= What you are asked to do =
Using the entries below, transcribe exactly the line containing "read_peers (mp ∷" and each line that follows it to the end.

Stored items
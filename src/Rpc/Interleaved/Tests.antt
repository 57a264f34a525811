-- ===== src/Rpc/Interleaved/Tests.antt =====
-- A `store` and a `ping` that run at once: the `ping` enters the table between the two sections of the
-- `store`.
use dht_kad_rs.Base.{ℕ, set, ◌≡◌, refl, subst, [], ◌∷◌, some}
use dht_kad_rs.Base.HashMap
use dht_kad_rs.Keyutil.Bytes.{IsBytes, key_to_bytes-IsBytes}
use dht_kad_rs.Kvstore.{Bytes, memory_store}
use dht_kad_rs.Kvstore.Laws.{view, memory_store-IsMap}
use dht_kad_rs.Messages.{ProtoPeer}
use dht_kad_rs.Messages.Tests.{plain_protobuf, sender}
use dht_kad_rs.Messages.Util.{proto_peer_from_peer, create_store_request, create_ping_request}
use dht_kad_rs.Rpc.{Method}
use dht_kad_rs.Rpc.State.{DhtServer}
use dht_kad_rs.Rpc.Sender.{IsReady}
use dht_kad_rs.Rpc.Tests.{server, server-IsReady, store_request, find_value_request, ping_request}
use dht_kad_rs.Rpc.Interleaved.{
  Task, begins, advance, System, arrives, goes_on, Reach, here, next, idle,
}
use dht_kad_rs.Rpc.Interleaved.Kept.{OfBytes}
use dht_kad_rs.Rpc.Interleaved.Ready.{Reach-IsReady}
use dht_kad_rs.Rpc.Interleaved.Origin.{From, Reach-From, Reach-keeps}

abbrev Run : Type 0
Run = System memory_store plain_protobuf

abbrev received : Run
received = record {
  server = server;
  tasks = begins Method.store store_request ∷ begins Method.ping ping_request ∷ [];
  received = (Method.ping, ping_request) ∷ (Method.store, store_request) ∷ [];
}

abbrev went_on : (σ : Run) (i : ℕ) (t : Task plain_protobuf) → Run
went_on σ i t = record σ {
  server = (advance memory_store plain_protobuf t σ.server).0;
  tasks = set σ.tasks i (advance memory_store plain_protobuf t σ.server).1;
}

abbrev first : Run
first = went_on received 0 (begins Method.store store_request)

abbrev second : Run
second = went_on first 1 (begins Method.ping ping_request)

abbrev third : Run
third =
    went_on second 0
      (advance memory_store plain_protobuf (begins Method.store store_request) server).1

reaches_third : Reach memory_store plain_protobuf (idle memory_store plain_protobuf server) third
reaches_third =
    next
      (next
        (next
          (next (next here (arrives Method.store store_request)) (arrives Method.ping ping_request))
          (goes_on 0 (begins Method.store store_request) refl))
        (goes_on 1 (begins Method.ping ping_request) refl))
      (goes_on 0 (advance memory_store plain_protobuf (begins Method.store store_request) server).1
        refl)

store_request-OfBytes : OfBytes store_request
unfolding create_store_request proto_peer_from_peer
store_request-OfBytes mp e =
    let same : proto_peer_from_peer sender ≡ mp = cc in
    subst (λ (q : ProtoPeer). IsBytes q.id) same (key_to_bytes-IsBytes 1234)

ping_request-OfBytes : OfBytes ping_request
unfolding create_ping_request proto_peer_from_peer
ping_request-OfBytes mp e =
    let same : proto_peer_from_peer sender ≡ mp = cc in
    subst (λ (q : ProtoPeer). IsBytes q.id) same (key_to_bytes-IsBytes 1234)

Reach-IsReady_example : IsReady third.server
Reach-IsReady_example =
    Reach-IsReady memory_store plain_protobuf reaches_third server-IsReady
      (ping_request-OfBytes, (store_request-OfBytes, tt))

-- The store holds a value from the start.
abbrev holding : DhtServer memory_store
holding = record server { kvstore = record { store = (1 ∷ [], 9 ∷ []) ∷ [] } }

abbrev asked : Run
asked = record (idle memory_store plain_protobuf holding) {
  tasks = begins Method.find_value find_value_request ∷ [];
  received = (Method.find_value, find_value_request) ∷ [];
}

Reach-From_example :
    From memory_store plain_protobuf memory_store-IsMap holding.kvstore asked.received
      (1 ∷ [])
      (9 ∷ [])
unfolding view HashMap.get
Reach-From_example =
    Reach-From memory_store plain_protobuf memory_store-IsMap {s = holding}
      (next here (arrives Method.find_value find_value_request)) (1 ∷ []) (9 ∷ []) refl

Reach-keeps_example : (v : Bytes) × (view asked.server.kvstore (1 ∷ []) ≡ some v)
unfolding view HashMap.get
Reach-keeps_example =
    Reach-keeps memory_store plain_protobuf memory_store-IsMap
      {σ = idle memory_store plain_protobuf holding} (1 ∷ []) (9 ∷ [])
      (next here (arrives Method.find_value find_value_request)) refl
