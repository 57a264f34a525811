-- ===== src/Rpc/UnitTests.antt =====
-- The unit tests of src/rpc/mod.rs. An assertion that fails is a panic.
pub mod Pass
use dht_kad_rs.Base.{
  ℕ, zero, suc, ◌+◌, Bool, true, false, List, [], ◌∷◌, ◌++◌, length, take, get_elem?, eqb, ◌==◌,
  list_eq, nat_eq, Option, Outcome, done, panicked, ◌>>=◌, unwrap, assert, Result, ok, err,
}
use dht_kad_rs.Base.Text.{codes, digits}
use dht_kad_rs.Keyutil.{key_to_bytes}
use dht_kad_rs.Kvstore.{Bytes, memory_store}
use dht_kad_rs.Kvstore
use dht_kad_rs.Messages.{Protobuf, ProtoPeer, Message, code_of}
use dht_kad_rs.Messages.Util.{
  is_ok, proto_peer_to_peer, create_store_request, create_find_node_request,
  create_find_value_request, create_ping_request,
}
use dht_kad_rs.Mock
use dht_kad_rs.RoutingTable.{RoutingTable, NoCapacityError, update, k_nearest_peers}
use dht_kad_rs.RoutingTable.Peers.{Peer, peer_eq}
use dht_kad_rs.Rpc.{store_async, find_node_async, find_value_async, ping_async}
use dht_kad_rs.Rpc.State.{DhtServer, new_server}

abbrev pub me : Peer
me = Mock.peer (codes "0.0.0.0:1234") 1234

-- Two times `unwrap`, on what `get` returns.
abbrev pub unwrapped {ℓ κ} : {A : Type ℓ} {E : Type κ} → Result A E → Outcome A
unwrapped (ok a) = done a
unwrapped (err e) = panicked

module _ (P : Protobuf) where
  abbrev pub says_ok : Message P → Bool
  says_ok m = is_ok (code_of m)

  unfoldable pub store_test : Outcome (Unit {0})
  store_test = do
    let value = 1 ∷ 2 ∷ 3 ∷ 4 ∷ []
    let server = new_server {K = memory_store} Mock.kv_store (Mock.routing_table me 10)
    let (after, answer) = store_async memory_store P (create_store_request P me 123 value) server
    resp ← answer
    _ ← assert (says_ok resp)
    found ← unwrapped (Kvstore.get after.kvstore (key_to_bytes 123))
    stored ← unwrap found
    _ ← assert (stored == value)
    known_peers ← k_nearest_peers after.routing_table 0
    _ ← assert (eqb (length known_peers) 1)
    first ← unwrap (get_elem? known_peers 0)
    assert (first == me)

  -- The loop of the test: the peers 1 to `n`, and the table that was offered them.
  unfoldable pub close_to_zero : ℕ → RoutingTable → Outcome (List Peer × RoutingTable)
  close_to_zero zero rt = done ([], rt)
  close_to_zero (suc n) rt = do
    (peers, before) ← close_to_zero n rt
    let peer = Mock.peer (codes "0.0.0.0:" ++ digits 2 (n + 1)) (n + 1)
    r ← update before peer
    done (peers ++ peer ∷ [], r.0)

  unfoldable pub read_peers : List ProtoPeer → Outcome (List Peer)
  read_peers [] = done []
  read_peers (mp ∷ mps) = do p ← proto_peer_to_peer mp; ps ← read_peers mps; done (p ∷ ps)

  -- What the test asserts of the answer.
  unfoldable pub nearest_ten : List Peer → Message P → Outcome (Unit {0})
  nearest_ten peers resp = do
    _ ← assert (says_ok resp)
    response_peers ← read_peers resp.closer_peers
    assert (response_peers == take 10 peers)

  unfoldable pub find_node_test : Outcome (Unit {0})
  find_node_test = do
    (peers, table) ← close_to_zero 20 (Mock.routing_table me 10)
    let server = new_server {K = memory_store} Mock.kv_store table
    let (_, answer) = find_node_async memory_store P (create_find_node_request P 0 me) server
    resp ← answer
    nearest_ten peers resp

  unfoldable pub find_value_test : Outcome (Unit {0})
  find_value_test = do
    let value = 1 ∷ 2 ∷ 3 ∷ 4 ∷ []
    let closer_peer = Mock.peer (codes "0.0.0.0:1235") 1
    r ← update (Mock.routing_table me 10) closer_peer
    _ ← unwrapped r.1
    let server = new_server {K = memory_store} Mock.kv_store r.0
    let (missed, answer) = find_value_async memory_store P (create_find_value_request P 0 me) server
    resp ← answer
    _ ← assert (says_ok resp)
    _ ← assert (eqb (length resp.value) 0)
    _ ← assert (eqb (length resp.closer_peers) 2)
    mp ← unwrap (get_elem? resp.closer_peers 0)
    first ← proto_peer_to_peer mp
    _ ← assert (first == closer_peer)
    let (kv, put) = Kvstore.put missed.kvstore (key_to_bytes 0) value
    _ ← unwrapped put
    let filled = record missed { kvstore = kv }
    let (_, answer) = find_value_async memory_store P (create_find_value_request P 0 me) filled
    resp ← answer
    _ ← assert (says_ok resp)
    assert (resp.value == value)

  unfoldable pub ping_test : Outcome (Unit {0})
  ping_test = do
    let server = new_server {K = memory_store} Mock.kv_store (Mock.routing_table me 10)
    let (_, answer) = ping_async memory_store P (create_ping_request P me) server
    resp ← answer
    assert (says_ok resp)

= Output for this exercise =
  read_peers (mp ∷ mps) = do p ← proto_peer_to_peer mp; ps ← read_peers mps; done (p ∷ ps)

  -- What the test asserts of the answer.
  unfoldable pub nearest_ten : List Peer → Message P → Outcome (Unit {0})
  nearest_ten peers resp = do
    _ ← assert (says_ok resp)
    response_peers ← read_peers resp.closer_peers
    assert (response_peers == take 10 peers)

  unfoldable pub find_node_test : Outcome (Unit {0})
  find_node_test = do
    (peers, table) ← close_to_zero 20 (Mock.routing_table me 10)
    let server = new_server {K = memory_store} Mock.kv_store table
    let (_, answer) = find_node_async memory_store P (create_find_node_request P 0 me) server
    resp ← answer
    nearest_ten peers resp

  unfoldable pub find_value_test : Outcome (Unit {0})
  find_value_test = do
    let value = 1 ∷ 2 ∷ 3 ∷ 4 ∷ []
    let closer_peer = Mock.peer (codes "0.0.0.0:1235") 1
    r ← update (Mock.routing_table me 10) closer_peer
    _ ← unwrapped r.1
    let server = new_server {K = memory_store} Mock.kv_store r.0
    let (missed, answer) = find_value_async memory_store P (create_find_value_request P 0 me) server
    resp ← answer
    _ ← assert (says_ok resp)
    _ ← assert (eqb (length resp.value) 0)
    _ ← assert (eqb (length resp.closer_peers) 2)
    mp ← unwrap (get_elem? resp.closer_peers 0)
    first ← proto_peer_to_peer mp
    _ ← assert (first == closer_peer)
    let (kv, put) = Kvstore.put missed.kvstore (key_to_bytes 0) value
    _ ← unwrapped put
    let filled = record missed { kvstore = kv }
    let (_, answer) = find_value_async memory_store P (create_find_value_request P 0 me) filled
    resp ← answer
    _ ← assert (says_ok resp)
    assert (resp.value == value)

  unfoldable pub ping_test : Outcome (Unit {0})
  ping_test = do
    let server = new_server {K = memory_store} Mock.kv_store (Mock.routing_table me 10)
    let (_, answer) = ping_async memory_store P (create_ping_request P me) server
    resp ← answer
    assert (says_ok resp)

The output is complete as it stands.